Dyspozycja (gr. táksis, łac. dispositio, compositio lub distributio), zwana niekiedy kompozycją, zajmowała się konstrukcją wypowiedzi. Temat i treść, wynalezione dzięki inwencji, układano według określonych norm. Uwzględniały one zasady i funkcje retoryki, ale również estetyczną „ekonomikę” (stgr. oikonomia). Według Kwintyliana dyspozycja oznaczała opracowanie rzeczy i całej sprawy według harmonijnego porządku. Dzięki przestrzeganiu reguł dyspozycji wypowiedź uzyskiwała jasność i przejrzystość oraz kształt ułatwiający zrozumienie, wzruszenie i zachwycenie mową. Każdy motyw trzeba było we właściwy sposób przygotować, wprowadzić, rozwinąć, wzmocnić lub złagodzić, wysnuwać jedne punkty z drugich, stopniować według ich siły dowodowej czy sugestywnej, wiązać wzajemnie elementy rozumowe i emocjonalne – wreszcie zamknąć wszystko w jednym wniosku.

W teorii retoryki wyróżniano dwa podstawowe rodzaje dyspozycji: ordo naturalis („porządek naturalny”) i ordo artificialis („porządek sztuczny”). Oba dotyczyły zarówno rzeczy, czyli treści (łac. res), jak również słów (łac. verba).

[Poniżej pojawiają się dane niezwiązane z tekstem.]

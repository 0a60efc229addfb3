-- ===== src/Protocols/Registry.antt =====
-- jarvis/protocols/registry.py: the protocols in memory and their rows in the database. `row_of`
-- stands for the row that `save` writes, whose columns hold JSON, and `folded` for
-- `s.strip().lower()`. Items of a dictionary are read by their keys.
use Prim.Native.String.{compare}
use Prim.Native.Nat.{Ordering}
use jarvis_server.Prelude.{
  String, Bool, true, false, ◌&&◌, ◌||◌, Option, none, some, List, [], ◌∷◌, map, str_eq, any,
  if◌then◌else◌, is_some,
}
use jarvis_server.Prelude.Dict.{Dict, get, put, remove, keys}
use jarvis_server.Protocols.{Protocol}

pub record ProtocolRegistry (Row : Type 0) : Type 0 where
  pub protocols : Dict Protocol
  pub rows : Dict Row

-- The answers of `register`.
pub data Registration : Type 0 where
  registered : String → Bool → Registration
  duplicate_name duplicate_triggers : Registration

-- `sorted` of a set, built by insertion
abbrev insert_text : String → List String → List String
insert_text s [] = s ∷ []
insert_text s (t ∷ ts) =
    let rest = insert_text s ts in
    elim (compare s t) [ Ordering.lt ↦ s ∷ t ∷ ts | Ordering.eq ↦ t ∷ ts | Ordering.gt ↦ t ∷ rest ]

abbrev sorted_set : List String → List String
sorted_set [] = []
sorted_set (s ∷ ss) = insert_text s (sorted_set ss)

abbrev same_texts : List String → List String → Bool
same_texts [] [] = true
same_texts [] (t ∷ ts) = false
same_texts (s ∷ ss) [] = false
same_texts (s ∷ ss) (t ∷ ts) = str_eq s t && same_texts ss ts

-- The last key whose protocol passes the test: the loop over `items()` does not stop at the first.
abbrev pub passes_at : (Protocol → Bool) → Option Protocol → Bool
passes_at f none = false
passes_at f (some p) = f p

abbrev pub last_with : (Protocol → Bool) → List String → Dict Protocol → Option String
last_with f [] d = none
last_with f (k ∷ ks) d =
    let rest = last_with f ks d in
    if is_some rest then rest else if passes_at f (get k d) then some k else none

abbrev pub some_with : (Protocol → Bool) → Dict Protocol → Bool
some_with f d = any (λ k. passes_at f (get k d)) (keys d)

module _ (folded : String → String) where
  unfoldable normalize_trigger_phrases : List String → List String
  normalize_trigger_phrases phrases = sorted_set (map folded phrases)

  unfoldable pub same_name : Protocol → Protocol → Bool
  same_name p q = str_eq (folded q.name) (folded p.name)

  unfoldable pub same_triggers : Protocol → Protocol → Bool
  unfolding normalize_trigger_phrases
  same_triggers p q =
      same_texts (normalize_trigger_phrases q.trigger_phrases)
        (normalize_trigger_phrases p.trigger_phrases)

  -- The duplicate that a replacement takes away: one by name, or else one by triggers.
  unfoldable pub duplicate_id : Protocol → Dict Protocol → Option String
  duplicate_id p d =
      let by_name = last_with (same_name p) (keys d) d in
      if is_some by_name then by_name else last_with (same_triggers p) (keys d) d

  module _ {Row : Type 0} where
    unfoldable pub is_duplicate : Protocol → ProtocolRegistry Row → Bool
    is_duplicate p s = some_with (λ q. same_name p q || same_triggers p q) s.protocols

    module _ (row_of : Protocol → Row) where
      -- `save`: INSERT OR REPLACE of every protocol
      abbrev pub save_row : Option Protocol → Dict Row → Dict Row
      save_row none rows = rows
      save_row (some p) rows = put p.id (row_of p) rows

      unfoldable pub save_rows : List String → Dict Protocol → Dict Row → Dict Row
      save_rows [] d rows = rows
      save_rows (k ∷ ks) d rows = save_rows ks d (save_row (get k d) rows)

      unfoldable pub save : ProtocolRegistry Row → ProtocolRegistry Row
      save s = record s { rows = save_rows (keys s.protocols) s.protocols s.rows }

      unfoldable pub drop_duplicate : Option String → ProtocolRegistry Row → ProtocolRegistry Row
      drop_duplicate none s = s
      drop_duplicate (some id) s = record {
        protocols = remove id s.protocols;
        rows = remove id s.rows;
      }

      abbrev pub add_protocol : Protocol → ProtocolRegistry Row → ProtocolRegistry Row
      add_protocol p s = record s { protocols = put p.id p s.protocols }

      unfoldable pub replace :
          Protocol → Option String → ProtocolRegistry Row → Registration × ProtocolRegistry Row
      unfolding save drop_duplicate
      replace p id s = (registered p.id (is_some id), save (add_protocol p (drop_duplicate id s)))

      unfoldable pub register :
          Protocol → Bool → ProtocolRegistry Row → Registration × ProtocolRegistry Row
      unfolding replace duplicate_id
      register p replace_duplicates s =
          if replace_duplicates
          then replace p (duplicate_id p s.protocols) s
          else if some_with (same_name p) s.protocols
          then (duplicate_name, s)
          else if some_with (same_triggers p) s.protocols
          then (duplicate_triggers, s)
          else replace p none s
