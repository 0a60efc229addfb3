-- ===== src/Protocols/Clashes.antt =====
-- Lemmas on the tests for duplicate names of jarvis/protocols/registry.py: no two protocols clash.
use jarvis_server.Prelude.{
  String, ◌≡◌, refl, sym, ap, ◌∙◌, Bool, true, false, Option, none, some, List, [], ◌∷◌, str_eq,
  str_eq_iff, any, contains, if◌then◌else◌, is_some, get_or, ◌⊎◌, Bool-cases, Option-cases, inl,
  inr, arith,
}
use jarvis_server.Prelude.Dict.{Dict, get, put, remove, keys, get-put, get-remove, contains-keys}
use jarvis_server.Protocols.{Protocol}
use jarvis_server.Protocols.Registry.{
  ProtocolRegistry, passes_at, last_with, some_with, same_name, same_triggers, save, drop_duplicate,
  duplicate_id, replace, register,
}

passing_key :
    (f : Protocol → Bool) (k : String) (ks : List String) (d : Dict Protocol)
    → contains k ks ≡ true
    → passes_at f (get k d) ≡ true
    → any (λ j. passes_at f (get j d)) ks ≡ true
passing_key f k [] d c p = cc
passing_key f k (j ∷ ks) d c p = elim (Bool-cases (str_eq j k)) [
  | inl b ↦ rw ((str_eq_iff j k).0 b) (rw p refl)
  | inr b ↦ ground (arith, passing_key f k ks d)
]

-- A test that no item passes fails at every key.
pub none_passes :
    (f : Protocol → Bool) (k : String) (d : Dict Protocol)
    → some_with f d ≡ false
    → passes_at f (get k d) ≡ false
none_passes f k d h = elim (Option-cases (get k d)) [
  | inl e ↦ rw e refl
  | inr (p, e) ↦ ground (arith, passing_key f k (keys d) d (contains-keys k d ∙ ap is_some e))
]

pick :
    (rest : Option String) (b : Bool) (k i : String)
    → (if is_some rest then rest else if b then some k else none) ≡ some i
    → (rest ≡ some i) ⊎ ((b ≡ true) × (k ≡ i))
pick (some j) b k i h = inl h
pick none true k i h = inr (refl, ap (get_or k) h)
pick none false k i h = cc

pick_none :
    (rest : Option String) (b : Bool) (k : String)
    → (if is_some rest then rest else if b then some k else none) ≡ none
    → (rest ≡ none) × (b ≡ false)
pick_none (some j) b k h = cc
pick_none none true k h = cc
pick_none none false k h = (refl, refl)

last_with_passes :
    (f : Protocol → Bool) (i : String) (ks : List String) (d : Dict Protocol)
    → last_with f ks d ≡ some i
    → passes_at f (get i d) ≡ true
last_with_passes f i [] d h = cc
last_with_passes f i (k ∷ ks) d h = elim (pick (last_with f ks d) (passes_at f (get k d)) k i h) [
  | inl e ↦ last_with_passes f i ks d e
  | inr (b, e) ↦ ap (λ j. passes_at f (get j d)) (sym e) ∙ b
]

last_with-none :
    (f : Protocol → Bool) (ks : List String) (d : Dict Protocol)
    → last_with f ks d ≡ none
    → any (λ k. passes_at f (get k d)) ks ≡ false
last_with-none f [] d h = refl
last_with-none f (k ∷ ks) d h =
    let (e, b) = pick_none (last_with f ks d) (passes_at f (get k d)) k h in
    rw b (last_with-none f ks d e)

abbrev without_duplicate : Option String → Dict Protocol → Dict Protocol
without_duplicate none d = d
without_duplicate (some i) d = remove i d

module _ (folded : String → String) where
  abbrev pub clash : Option Protocol → Option Protocol → Bool
  clash none q = false
  clash (some p) q = passes_at (same_name folded p) q

  -- In terms of the tests: protocols under different keys have different names.
  abbrev pub IsClashFree : Dict Protocol → Type 0
  IsClashFree d = (j k : String) → clash (get j d) (get k d) ≡ true → j ≡ k

  clash-none : (o : Option Protocol) → clash o none ≡ false
  clash-none none = refl
  clash-none (some p) = refl

  clash_both :
      (p : Protocol) (x y : Option Protocol)
      → passes_at (same_name folded p) x ≡ true
      → passes_at (same_name folded p) y ≡ true
      → clash x y ≡ true
  unfolding same_name
  clash_both p none y t s = cc
  clash_both p (some a) none t s = cc
  clash_both p (some a) (some b) t s = (str_eq_iff (folded b.name) (folded a.name)).1 (
      (str_eq_iff (folded b.name) (folded p.name)).0 s
      ∙ sym ((str_eq_iff (folded a.name) (folded p.name)).0 t))

  clash_sym :
      (p : Protocol) (o : Option Protocol)
      → clash o (some p) ≡ true
      → passes_at (same_name folded p) o ≡ true
  unfolding same_name
  clash_sym p none h = h
  clash_sym p (some q) h =
      (str_eq_iff (folded q.name) (folded p.name)).1
        (sym ((str_eq_iff (folded p.name) (folded q.name)).0 h))

  pub put-IsClashFree :
      (p : Protocol) (d : Dict Protocol)
      → ((k : String) → passes_at (same_name folded p) (get k d) ≡ false)
      → IsClashFree d
      → IsClashFree (put p.id p d)
  put-IsClashFree p d fresh u j k h = by (str_eq p.id j) (str_eq p.id k) refl refl (
      ap (λ o. clash o (if str_eq p.id k then some p else get k d)) (sym (get-put p.id j p d))
      ∙ ap (clash (get j (put p.id p d))) (sym (get-put p.id k p d))
      ∙ h)
    where
      by :
          (a b : Bool)
          → str_eq p.id j ≡ a
          → str_eq p.id k ≡ b
          → clash (if a then some p else get j d) (if b then some p else get k d) ≡ true
          → j ≡ k
      by true true a b c = sym ((str_eq_iff p.id j).0 a) ∙ (str_eq_iff p.id k).0 b
      by true false a b c = ground (arith, fresh k)
      by false true a b c = ground (arith, fresh j, clash_sym p (get j d) c)
      by false false a b c = u j k c

  remove-IsClashFree : (id : String) (d : Dict Protocol) → IsClashFree d → IsClashFree (remove id d)
  remove-IsClashFree id d u j k h = by (str_eq id j) (str_eq id k) (
      ap (λ o. clash o (if str_eq id k then none else get k d)) (sym (get-remove id j d))
      ∙ ap (clash (get j (remove id d))) (sym (get-remove id k d))
      ∙ h)
    where
      by :
          (a b : Bool)
          → clash (if a then none else get j d) (if b then none else get k d) ≡ true
          → j ≡ k
      by true b c = cc
      by false true c = ground (arith, clash-none (get j d))
      by false false c = u j k c

  -- After the removal of a protocol with the name of `p`, no protocol has that name.
  fresh_after :
      (p : Protocol) (i : String) (d : Dict Protocol)
      → IsClashFree d
      → passes_at (same_name folded p) (get i d) ≡ true
      → (k : String) → passes_at (same_name folded p) (get k (remove i d)) ≡ false
  fresh_after p i d u t k = rw (get-remove i k d) (elim (Bool-cases (str_eq i k)) [
    | inl b ↦ rw b refl
    | inr b ↦ rw b (elim (Bool-cases (passes_at (same_name folded p) (get k d))) [
      | inl s ↦ ground (arith, str_eq_iff i k, u i k (clash_both p (get i d) (get k d) t s))
      | inr s ↦ s
    ])
  ])

  still_fresh :
      (p : Protocol) (i : String) (d : Dict Protocol)
      → ((k : String) → passes_at (same_name folded p) (get k d) ≡ false)
      → (k : String) → passes_at (same_name folded p) (get k (remove i d)) ≡ false
  still_fresh p i d f k =
      rw (get-remove i k d)
        (elim (Bool-cases (str_eq i k)) [ inl b ↦ rw b refl | inr b ↦ rw b (f k) ])

  drop-fresh :
      (p : Protocol) (d : Dict Protocol)
      → IsClashFree d
      → (k : String)
      → passes_at (same_name folded p) (get k (without_duplicate (duplicate_id folded p d) d))
        ≡ false
  unfolding duplicate_id
  drop-fresh p d u = elim (Option-cases (last_with (same_name folded p) (keys d) d)) [
    | inl e ↦ rw e (
        let fresh : (k : String) → passes_at (same_name folded p) (get k d) ≡ false = λ k.
          none_passes (same_name folded p) k d (last_with-none (same_name folded p) (keys d) d e) in
        by (last_with (same_triggers folded p) (keys d) d) fresh)
    | inr (i, e) ↦ rw e (fresh_after p i d u (last_with_passes (same_name folded p) i (keys d) d e))
  ]
    where
      by :
          (o : Option String)
          → ((k : String) → passes_at (same_name folded p) (get k d) ≡ false)
          → (k : String) → passes_at (same_name folded p) (get k (without_duplicate o d)) ≡ false
      by none f = f
      by (some i) f = still_fresh p i d f

  module _ {Row : Type 0} (row_of : Protocol → Row) where
    dropped :
        (o : Option String) (s : ProtocolRegistry Row)
        → (drop_duplicate folded row_of o s).protocols ≡ without_duplicate o s.protocols
    unfolding drop_duplicate
    dropped none s = refl
    dropped (some i) s = refl

    without-IsClashFree :
        (o : Option String) (d : Dict Protocol)
        → IsClashFree d
        → IsClashFree (without_duplicate o d)
    without-IsClashFree none d u = u
    without-IsClashFree (some i) d u = remove-IsClashFree i d u

    replace-IsClashFree :
        (p : Protocol) (o : Option String) (s : ProtocolRegistry Row)
        → ((k : String)
            → passes_at (same_name folded p) (get k (without_duplicate o s.protocols)) ≡ false)
        → IsClashFree s.protocols
        → IsClashFree (replace folded row_of p o s).1.protocols
    unfolding replace save
    replace-IsClashFree p o s f u = rw (dropped o s) (
        put-IsClashFree p (without_duplicate o s.protocols) f (without-IsClashFree o s.protocols u))

    pub register-IsClashFree :
        (p : Protocol) (replace_duplicates : Bool) (s : ProtocolRegistry Row)
        → IsClashFree s.protocols
        → IsClashFree (register folded row_of p replace_duplicates s).1.protocols
    unfolding register
    register-IsClashFree p true s u =
        replace-IsClashFree p (duplicate_id folded p s.protocols) s (drop-fresh p s.protocols u) u
    register-IsClashFree p false s u =
        elim (Bool-cases (some_with (same_name folded p) s.protocols)) [
          | inl e ↦ rw e u
          | inr e ↦ elim (Bool-cases (some_with (same_triggers folded p) s.protocols)) [
            | inl t ↦ rw e (rw t u)
            | inr t ↦ rw e (
                rw t (
                  replace-IsClashFree p none s
                    (λ k. none_passes (same_name folded p) k s.protocols e) u))
          ]
        ]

ElokucjaElokucja (stgr. léksis, łac. elocutio), inaczej sztuka wysłowienia, zajmowała się celowym i stosownym do myśli użyciem słów. Wynalezione w procesie inwencji i odpowiednio uporządkowane przez dyspozycję myśli, należało w ramach elokucji ułożyć w odpowiednie słowa, czyli jak to za Kwintylianem ujął Norwid – odpowiednie dać rzeczy słowo. Podstawową zasadą retorycznej elokucji było podporządkowaniu stylistyki celom funkcjonalnym. W pracach dotyczących elokucji ścierały się dwie zasadnicze orientacje. Część pisarzy była zwolennikami sofistycznego formalizmu, który formę uniezależniał od treści. Natomiast pogląd przeciwny, o uzależnieniu formy od treści, sformułował Sokrates, którego teorię rozwinął i udoskonalił Arystoteles.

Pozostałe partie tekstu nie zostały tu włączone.